__Task to complete__:
Your answer should be the exact lines of the data below from the one containing "n) cs), rest)" through the one containing "decode_bits-put_chunks (suc n)"; please include nothing else.

__Supplied records__:
# # # # # # #

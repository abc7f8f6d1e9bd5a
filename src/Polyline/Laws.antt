-- ===== src/Polyline/Laws.antt =====
-- What polyline.c writes for one number, and how it reads back.
use rrrr.Prelude.{
  ℕ, zero, suc, ◌+◌, ◌-◌, ◌*◌, ◌/◌, ◌%◌, ◌^◌, ◌<◌, ◌≤◌, ◌≡◌, ◌⊎◌, ◌∙◌, refl, sym, ap, subst, Bool,
  true, false, List, [], ◌∷◌, ◌++◌, arith, ◌==◌, ltb, bit_or, length, take, All, Bool-cases, ==_iff,
  inl, inr,
}
use rrrr.Prelude.Bits.{bit_or_step}
use rrrr.Polyline.{signed_bits, chunks, last_chunk, put_chunks, encode_bits, encode_double}
use rrrr.Polyline.Decode.{decode_bits, unsigned, decode_double}

bit_or-continued : (c : ℕ) → c < 32 → bit_or c 32 ≡ c + 32
bit_or-continued c lt =
    let top : c / 2 / 2 / 2 / 2 / 2 ≡ 0 = omega arith in
    let e : bit_or (c / 2 / 2 / 2 / 2 / 2) 1 ≡ 1 = rw top refl in
    omega (
      arith,
      e,
      bit_or_step c 32,
      bit_or_step (c / 2) 16,
      bit_or_step (c / 2 / 2) 8,
      bit_or_step (c / 2 / 2 / 2) 4,
      bit_or_step (c / 2 / 2 / 2 / 2) 2,
    )

-- The number that chunks make up, the lowest first.
abbrev chunks_value : List ℕ → ℕ
chunks_value [] = 0
chunks_value (c ∷ cs) = c + 32 * chunks_value cs

abbrev AreChunks : List ℕ → Type 0
AreChunks cs = All (λ c. c < 32) cs

decode_bits-put_chunks :
    (n : ℕ) (cs rest : List ℕ)
    → AreChunks cs
    → n < length cs
    → decode_bits (put_chunks n cs ++ rest) ≡ (chunks_value (take (suc n) cs), rest)
decode_bits-put_chunks n [] rest all lt = absurd (omega arith)
decode_bits-put_chunks zero (c ∷ cs) rest (small, all) lt =
    let e : ltb (c + 63) 95 ≡ true = ground arith in
    let e' : c + 63 - 63 ≡ c + 32 * 0 = omega arith in rw e (ap (λ v. (v, rest)) e')
decode_bits-put_chunks (suc n) (c ∷ cs) rest (small, all) lt =
    let e : ltb (bit_or c 32 + 63) 95 ≡ false = ground (arith, bit_or-continued c small) in
    let e' : bit_or c 32 + 63 - 95 ≡ c = omega (arith, bit_or-continued c small) in
    rw (e, e', decode_bits-put_chunks n cs rest all (omega arith)) refl

-- The last chunk is one of them, and those after it are zero.
last_chunk_lem :
    (cs : List ℕ) (i last : ℕ)
    → let r = last_chunk cs i last in
      ((r ≡ last) × (chunks_value cs ≡ 0))
      ⊎ ((n : ℕ) × (r ≡ i + n)
          × (n < length cs)
          × (chunks_value (take (suc n) cs) ≡ chunks_value cs))
last_chunk_lem [] i last = inl (refl, refl)
last_chunk_lem (c ∷ cs) i last = elim (Bool-cases (c == 0)) [
  | inl e ↦
      let none : c ≡ 0 = (==_iff c 0).0 e in
      rw none (elim (last_chunk_lem cs (i + 1) last) [
        | inl (r, v) ↦ inl (r, omega (arith, v))
        | inr (n, r, lt, v) ↦ inr (suc n, omega (arith, r), omega arith, ap (λ x. 0 + 32 * x) v)
      ])
  | inr e ↦ rw e (elim (last_chunk_lem cs (i + 1) i) [
    | inl (r, v) ↦ inr (zero, omega (arith, r), omega arith, omega (arith, v))
    | inr (n, r, lt, v) ↦ inr (suc n, omega (arith, r), omega arith, ap (λ x. c + 32 * x) v)
  ])
]

chunks_value-chunks : (w : ℕ) → chunks_value (chunks w) ≡ w % 2 ^ 30
chunks_value-chunks w = omega arith

chunks-AreChunks : (w : ℕ) → AreChunks (chunks w)
chunks-AreChunks w =
    (omega arith, (omega arith, (omega arith, (omega arith, (omega arith, (omega arith, tt))))))

decode_bits-encode_bits :
    (w : ℕ) (rest : List ℕ) → decode_bits (encode_bits w ++ rest) ≡ (w % 2 ^ 30, rest)
decode_bits-encode_bits w rest =
    let (lt, v) = found (last_chunk_lem (chunks w) 0 0) in
    decode_bits-put_chunks (last_chunk (chunks w) 0 0) (chunks w) rest (chunks-AreChunks w) lt
    ∙ ap (λ x. (x, rest)) (v ∙ chunks_value-chunks w)
  where
    found :
        (let r = last_chunk (chunks w) 0 0 in
          ((r ≡ 0) × (chunks_value (chunks w) ≡ 0))
          ⊎ ((n : ℕ) × (r ≡ 0 + n)
              × (n < length (chunks w))
              × (chunks_value (take (suc n) (chunks w)) ≡ chunks_value (chunks w))))
        → let r = last_chunk (chunks w) 0 0 in
          (r < length (chunks w))
          × (chunks_value (take (suc r) (chunks w)) ≡ chunks_value (chunks w))
    found (inl (r, v)) =
        subst
          (λ n.
            (n < length (chunks w))
            × (chunks_value (take (suc n) (chunks w)) ≡ chunks_value (chunks w)))
          (sym r) (omega arith, omega (arith, v))
    found (inr (n, r, lt, v)) =
        let at : last_chunk (chunks w) 0 0 ≡ n = omega (arith, r) in
        subst
          (λ k.
            (k < length (chunks w))
            × (chunks_value (take (suc k) (chunks w)) ≡ chunks_value (chunks w)))
          (sym at) (lt, v)

-- The printable characters from '?' to '~'.
abbrev pub IsPrintable : List ℕ → Type 0
IsPrintable = All (λ c. (63 ≤ c) × (c ≤ 126))

put_chunks-IsPrintable :
    (n : ℕ) (cs : List ℕ)
    → AreChunks cs
    → IsPrintable (put_chunks n cs) × (length (put_chunks n cs) ≤ length cs)
put_chunks-IsPrintable n [] all = (tt, omega arith)
put_chunks-IsPrintable zero (c ∷ cs) (small, all) = (((omega arith, omega arith), tt), omega arith)
put_chunks-IsPrintable (suc n) (c ∷ cs) (small, all) =
    let (chars, le) = put_chunks-IsPrintable n cs all in
    (((omega arith, omega (arith, bit_or-continued c small)), chars), omega arith)

module _ {F : Type 0} (fixed : F → ℕ) (is_negative : F → Bool) where
  -- The number fits: from -2^29 to 2^29 - 1 hundred-thousandths, and if it is below zero it is
  -- below by one of them at least.
  abbrev pub Fits : F → Type 0
  Fits c =
      ((is_negative c ≡ false) × (fixed c < 2 ^ 29))
      ⊎ ((is_negative c ≡ true) × (2 ^ 32 - 2 ^ 29 ≤ fixed c) × (fixed c < 2 ^ 32))

  -- What `encode_double` writes of a number that fits, whatever text follows it, is read back as
  -- the number in hundred-thousandths, and the text that follows is left.
  pub decode_double-encode_double :
      (c : F) (rest : List ℕ)
      → Fits c
      → decode_double (encode_double fixed is_negative c ++ rest) ≡ (fixed c, rest)
  unfolding encode_double
  decode_double-encode_double c rest fits =
      let w = signed_bits (is_negative c) (fixed c) in
      ap (λ (x : ℕ × List ℕ). (unsigned x.0, x.1)) (decode_bits-encode_bits w rest)
      ∙ ap (λ v. (v, rest)) (sign fits)
    where
      sign : Fits c → unsigned (signed_bits (is_negative c) (fixed c) % 2 ^ 30) ≡ fixed c
      sign (inl (n, lt)) = rw n (ground arith)
      sign (inr (n, le, lt)) = rw n (ground arith)

  -- `encode_double` writes from one to six characters, all from '?' to '~', of any number.
  pub encode_double-IsPrintable :
      (c : F)
      → let text = encode_double fixed is_negative c in
        IsPrintable text × (0 < length text) × (length text ≤ 6)
  unfolding encode_double
  encode_double-IsPrintable c =
      let w = signed_bits (is_negative c) (fixed c) in
      let (chars, le) =
        put_chunks-IsPrintable (last_chunk (chunks w) 0 0) (chunks w) (chunks-AreChunks w) in
      (chars, some_char (last_chunk (chunks w) 0 0), le)
    where
      some_char :
          (n : ℕ) → 0 < length (put_chunks n (chunks (signed_bits (is_negative c) (fixed c))))
      some_char zero = omega arith
      some_char (suc n) = omega arith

# # # # # # #

__Solved problem__:
    → decode_bits (put_chunks n cs ++ rest) ≡ (chunks_value (take (suc n) cs), rest)
decode_bits-put_chunks n [] rest all lt = absurd (omega arith)
decode_bits-put_chunks zero (c ∷ cs) rest (small, all) lt =
    let e : ltb (c + 63) 95 ≡ true = ground arith in
    let e' : c + 63 - 63 ≡ c + 32 * 0 = omega arith in rw e (ap (λ v. (v, rest)) e')
decode_bits-put_chunks (suc n) (c ∷ cs) rest (small, all) lt =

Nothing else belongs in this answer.